I can't really tell if any particular influence floats from FB to me through
my friends, most of my friends don't use FB either or their not really the
type to care about things Facebook tends to influence.

If you're not one for consumerism in the first place, it's not hard to fight
away advertising influence, and if you're not that active politically
(although you should be!) then again, FB can't really influence you that much.
You could argue that what FB doesn't show you is also a form of influence, but
if you weren't on FB at all then that argument wouldn't hold.

I guess the world it's created definitely has affected me though. If it could
be argued that political leaders are elected based on influence fostered on
social media, I can't avoid being affected by that.

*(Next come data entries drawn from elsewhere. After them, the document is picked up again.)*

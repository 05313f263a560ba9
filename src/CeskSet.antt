-- ===== src/CeskSet.antt =====
-- src/cesk/cesk_set.c: the sets of addresses that the values of the machine are. All sets share one
-- hash table, with a key for each element of each set and one for each set's info entry; the
-- elements of a set are also on a list. A pointer to a node is its key; a chain of the table is the
-- list of its keys. `none` is a fault. Allocation is taken to succeed.
pub mod Methods
pub mod Change
pub mod Table
pub mod Valid
pub mod Copy
pub mod Duplicate
pub mod Union
pub mod Rename
pub mod Replace
pub mod Miscount
pub mod Members
pub mod Same
pub mod Hash
use mathlib.Core.Option
use adam.Base.{
  ℕ, zero, suc, ◌+◌, ◌-◌, ◌*◌, ◌/◌, ◌%◌, ◌^◌, Bool, true, false, not, ◌&&◌, ◌||◌, Option, none,
  some, List, [], ◌∷◌, ◌==◌, ltb, if◌then◌else◌, bit_xor,
}
use adam.Base.State.{StateM, ◌>>=◌, ◌>>◌, pure, get_state, put_state}
use adam.AllocTable.{mh_multiply}
use adam.Address.{addr_null, is_reloc}
use adam.TagSet

pub record Key : Type 0 where
  pub set_idx : ℕ
  pub addr : ℕ

abbrev pub key : ℕ → ℕ → Key
key idx a = record { set_idx = idx; addr = a }

-- A node on the list of a set, in the order of the `next` pointers. `linked`: its `prev` is not
-- NULL, and then it is the node before.
pub record Element : Type 0 where
  pub addr : ℕ
  pub linked : Bool

pub record Info : Type 0 where
  pub size : ℕ
  pub refcnt : ℕ
  pub reloc : ℕ
  pub hashcode : ℕ
  pub tags : ℕ
  pub first : List Element

-- The table, the info entries, `next_idx`, the index of the empty set, and the tag sets.
pub record Sets : Type 0 where
  pub slot : ℕ → List Key
  pub info : ℕ → Option Info
  pub next_idx : ℕ
  pub empty_set : ℕ
  pub tag_state : TagSet.State

abbrev pub M : Type 0 → Type 0
M A = StateM Sets A

abbrev pub hash_size : ℕ
hash_size = 100007

unfoldable pub idx_hashcode : ℕ → ℕ → ℕ
idx_hashcode hashidx addr =
    bit_xor (bit_xor (hashidx * mh_multiply % 2 ^ 64) (addr % 2 ^ 16 * mh_multiply % 2 ^ 64))
      (addr / 2 ^ 16)
    % 2 ^ 32

unfoldable pub slot_of : Key → ℕ
unfolding idx_hashcode
slot_of k = idx_hashcode k.set_idx k.addr % hash_size

abbrev pub same_key : Key → Key → Bool
same_key k l = (k.set_idx == l.set_idx) && (k.addr == l.addr)

unfoldable pub on_chain : List Key → Key → Bool
on_chain [] k = false
on_chain (l ∷ ls) k = same_key l k || on_chain ls k

-- `_cesk_set_hash_find(..) != NULL`
unfoldable pub hash_find : Sets → Key → Bool
unfolding on_chain slot_of
hash_find s k = on_chain (s.slot (slot_of k)) k

abbrev pub set_slot : ℕ → List Key → Sets → Sets
set_slot h ks s = record s { slot = λ i. if i == h then ks else s.slot i }

-- `_cesk_set_hash_insert`
unfoldable pub hash_insert : Key → Sets → Sets
unfolding slot_of
hash_insert k s = set_slot (slot_of k) (k ∷ s.slot (slot_of k)) s

unfoldable pub off_chain : Key → List Key → List Key
off_chain k [] = []
off_chain k (l ∷ ls) = let rest = off_chain k ls in if same_key l k then ls else l ∷ rest

-- A node is taken off its chain.
unfoldable pub hash_remove : Key → Sets → Sets
unfolding slot_of off_chain
hash_remove k s = set_slot (slot_of k) (off_chain k (s.slot (slot_of k))) s

-- The info entry that the table leads to.
unfoldable pub find_info : Sets → ℕ → Option Info
unfolding hash_find
find_info s idx = if hash_find s (key idx addr_null) then s.info idx else none

abbrev pub set_info : ℕ → Option Info → Sets → Sets
set_info idx i s = record s { info = λ j. if j == idx then i else s.info j }

abbrev pub modify_state : (Sets → Sets) → M (Unit {0})
modify_state f s = some (tt, f s)

-- A call on the tag sets.
abbrev pub on_tags : {A : Type 0} → TagSet.M A → M A
on_tags m s = elim (m s.tag_state) [
  | none ↦ none
  | some (a, t) ↦ some (a, record s { tag_state = t })
]

-- `tag_set_hashcode`
unfoldable pub tag_hash : ℕ → M ℕ
tag_hash tags = on_tags (TagSet.load tags) >>= λ t. pure t.hashcode

abbrev pub empty_hash : ℕ
empty_hash = 0x9c7cba63

-- What an element adds to the hash of a set.
unfoldable pub addr_code : ℕ → ℕ
addr_code a = a * mh_multiply % 2 ^ 64 % 2 ^ 32

-- `_cesk_set_idx_alloc`; the empty tag set is not NULL.
unfoldable pub idx_alloc : M ℕ
idx_alloc = do
  s ← get_state
  modify_state (hash_insert (key s.next_idx addr_null))
  tags ← on_tags TagSet.empty
  h ← tag_hash tags
  modify_state (λ t.
      record (set_info s.next_idx
        (some (record {
          size = 0;
          refcnt = 0;
          reloc = 0;
          hashcode = bit_xor empty_hash h;
          tags = tags;
          first = [];
        }))
        t) { next_idx = (s.next_idx + 1) % 2 ^ 32 })
  pure s.next_idx

-- The node of the element that is put at the front; the old front gets it as `prev` if `link`.
unfoldable pub link_front : Bool → ℕ → List Element → List Element
link_front link a [] = record { addr = a; linked = false } ∷ []
link_front link a (e ∷ es) =
    record { addr = a; linked = false } ∷ record e { linked = link || e.linked } ∷ es

-- The copying loop of `_cesk_set_duplicate`: the elements that are left and those of the copy.
unfoldable pub copy_elements : ℕ → List Element → List Element → Sets → List Element × Sets
unfolding link_front hash_insert
copy_elements new [] copied s = (copied, s)
copy_elements new (e ∷ es) copied s =
    copy_elements new es (link_front true e.addr copied) (hash_insert (key new e.addr) s)

-- `_cesk_set_duplicate`
unfoldable pub duplicate : ℕ → Info → M ℕ
duplicate idx info = do
  new ← idx_alloc
  tags ← on_tags (TagSet.fork info.tags)
  modify_state (set_info idx (some (record info { refcnt = (info.refcnt + 2 ^ 32 - 1) % 2 ^ 32 })))
  s ← get_state
  let (copied, t) = copy_elements new info.first [] s
  put_state (
      set_info new
        (some (record {
          size = info.size;
          refcnt = 1;
          reloc = info.reloc;
          hashcode = info.hashcode;
          tags = tags;
          first = copied;
        }))
        t)
  pure new
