-- ===== src/CeskSet/Methods.antt =====
-- src/cesk/cesk_set.c: the functions on sets. A `cesk_set_t*` is NULL or the index that it holds;
-- a function that may give the set another index returns it. `true` is the result 0, `false` -1.
use adam.Base.{
  ℕ, ◌+◌, ◌-◌, ◌%◌, ◌^◌, Bool, true, false, ◌||◌, Option, none, some, List, [], ◌∷◌, ◌==◌, ltb,
  if◌then◌else◌, bit_xor,
}
use adam.Base.State.{◌>>=◌, ◌>>◌, pure, fault, get_state, deref}
use adam.Address.{addr_null, is_reloc}
use adam.TagSet
use adam.CeskSet.{
  key, Element, Info, Sets, M, hash_find, hash_insert, hash_remove, find_info, set_info,
  modify_state, on_tags, addr_code, link_front, duplicate,
}

abbrev pub invalid : ℕ
invalid = 0xffffffff

abbrev pub Handle : Type 0
Handle = Option ℕ

abbrev pub count_up : Bool → ℕ → ℕ
count_up b n = if b then (n + 1) % 2 ^ 32 else n

abbrev pub count_down : Bool → ℕ → ℕ
count_down b n = if b then (n + 2 ^ 32 - 1) % 2 ^ 32 else n

unfoldable pub fork : Handle → M Handle
unfolding find_info
fork none = pure none
fork (some idx) = do
  s ← get_state
  elim (find_info s idx) [
    | none ↦ pure none
    | some i ↦ do
      modify_state (set_info idx (some (record i { refcnt = (i.refcnt + 1) % 2 ^ 32 })))
      pure (some idx)
  ]

unfoldable pub get_empty_set : M Handle
get_empty_set = do
  s ← get_state
  i ← deref (s.info s.empty_set)
  modify_state (set_info s.empty_set (some (record i { refcnt = (i.refcnt + 1) % 2 ^ 32 })))
  pure (some s.empty_set)

abbrev pub of_info : {A : Type 0} → A → (Info → A) → Sets → Handle → A
of_info missing f s none = missing
of_info missing f s (some idx) = elim (find_info s idx) [ none ↦ missing | some i ↦ f i ]

unfoldable pub size : Sets → Handle → ℕ
unfolding find_info
size = of_info 0 (λ i. i.size)

-- NULL is not tested here, nor in `get_reloc`.
unfoldable pub hashcode : Handle → M ℕ
unfolding find_info
hashcode none = fault
hashcode (some idx) = do s ← get_state; pure (of_info 0 (λ i. i.hashcode) s (some idx))

unfoldable pub get_reloc : Handle → M ℕ
unfolding find_info
get_reloc none = fault
get_reloc (some idx) = do s ← get_state; pure (of_info 0 (λ i. i.reloc) s (some idx))

-- 0 is NULL.
unfoldable pub get_tags : Sets → Handle → ℕ
unfolding find_info
get_tags = of_info 0 (λ i. i.tags)

-- The loop over `cesk_set_iter_next`, which ends at the first result CESK_STORE_ADDR_NULL.
unfoldable pub iterate : List Element → List ℕ
iterate [] = []
iterate (e ∷ es) = let rest = iterate es in if e.addr == addr_null then [] else e.addr ∷ rest

unfoldable pub contain : Sets → Handle → ℕ → Bool
unfolding hash_find
contain s none addr = false
contain s (some idx) addr = if addr == addr_null then false else hash_find s (key idx addr)

-- The nodes of the list are taken off the table.
unfoldable pub remove_elements : ℕ → List Element → Sets → Sets
unfolding hash_remove
remove_elements idx [] s = s
remove_elements idx (e ∷ es) s = remove_elements idx es (hash_remove (key idx e.addr) s)

-- The reference that was the last one is given back.
unfoldable pub drop_set : ℕ → Info → M (Unit {0})
unfolding remove_elements hash_remove TagSet.free
drop_set idx i = do
  modify_state (remove_elements idx i.first)
  modify_state (λ s. set_info idx none (hash_remove (key idx addr_null) s))
  on_tags (TagSet.free i.tags)

unfoldable pub free : Handle → M (Unit {0})
unfolding find_info drop_set
free none = pure tt
free (some idx) = do
  s ← get_state
  elim (find_info s idx) [
    | none ↦ pure tt
    | some i ↦
        let n = (i.refcnt + 2 ^ 32 - 1) % 2 ^ 32 in
        elim (n == 0) [
          | true ↦ drop_set idx i
          | false ↦ modify_state (set_info idx (some (record i { refcnt = n })))
        ]
  ]

-- The set that may be written in place of the one at `idx`: a copy if it is shared.
unfoldable pub unshare : ℕ → Info → M ℕ
unfolding duplicate
unshare idx i = if ltb 1 i.refcnt then duplicate idx i else pure idx

-- `_cesk_set_prepare_to_write`, with what follows it; NULL is passed on as -1.
unfoldable pub prepare_to_write : ℕ → (ℕ → Info → M (Bool × Handle)) → M (Bool × Handle)
unfolding find_info unshare
prepare_to_write idx k = do
  s ← get_state
  elim (find_info s idx) [
    | none ↦ pure (false, some idx)
    | some i ↦ do dest ← unshare idx i; t ← get_state; j ← deref (t.info dest); k dest j
  ]

-- An element that is not in the set yet is put in front, without a `prev` for the old front.
unfoldable pub push_new : ℕ → Info → ℕ → Sets → Sets
unfolding hash_insert link_front addr_code
push_new idx i a s =
    set_info idx
      (some (record i {
        size = (i.size + 1) % 2 ^ 32;
        reloc = count_up (is_reloc a) i.reloc;
        hashcode = bit_xor i.hashcode (addr_code a);
        first = link_front false a i.first;
      }))
      (hash_insert (key idx a) s)

unfoldable pub push_element : ℕ → Info → ℕ → Sets → Sets
unfolding push_new hash_find
push_element idx i a s = if hash_find s (key idx a) then s else push_new idx i a s

unfoldable pub push : Handle → ℕ → M (Bool × Handle)
unfolding prepare_to_write push_element
push none addr = pure (false, none)
push (some idx) addr =
    if (addr == addr_null) || (idx == invalid)
    then pure (false, some idx)
    else prepare_to_write idx
        (λ dest i. do modify_state (push_element dest i addr); pure (true, some dest))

Social conversation is how you spread influence, and that's not really a bad
thing in itself. What's clearly not great about Facebook however, is how you
can pay for that same influence to be injected into normal social
conversation.

------
FeepingCreature
> For a long time, Silicon Valley espoused a dogma of information neutrality —
> claiming, falsely, that search engines and social networks were only
> impartial tools.

"Why do you close your eyes?", Sussman asked his teacher.

"So that the room will be empty."

------
herbst
As much as I dislike Facebook. We have to stop to tell them they are
responsible for anything. It's fully our fault whatever one can say is
Facebooks. Everything else is just censorship and just as bad. There is no
such thing as responsible censorship. One side will always get pissed and who
are we or Facebook to decide what's right.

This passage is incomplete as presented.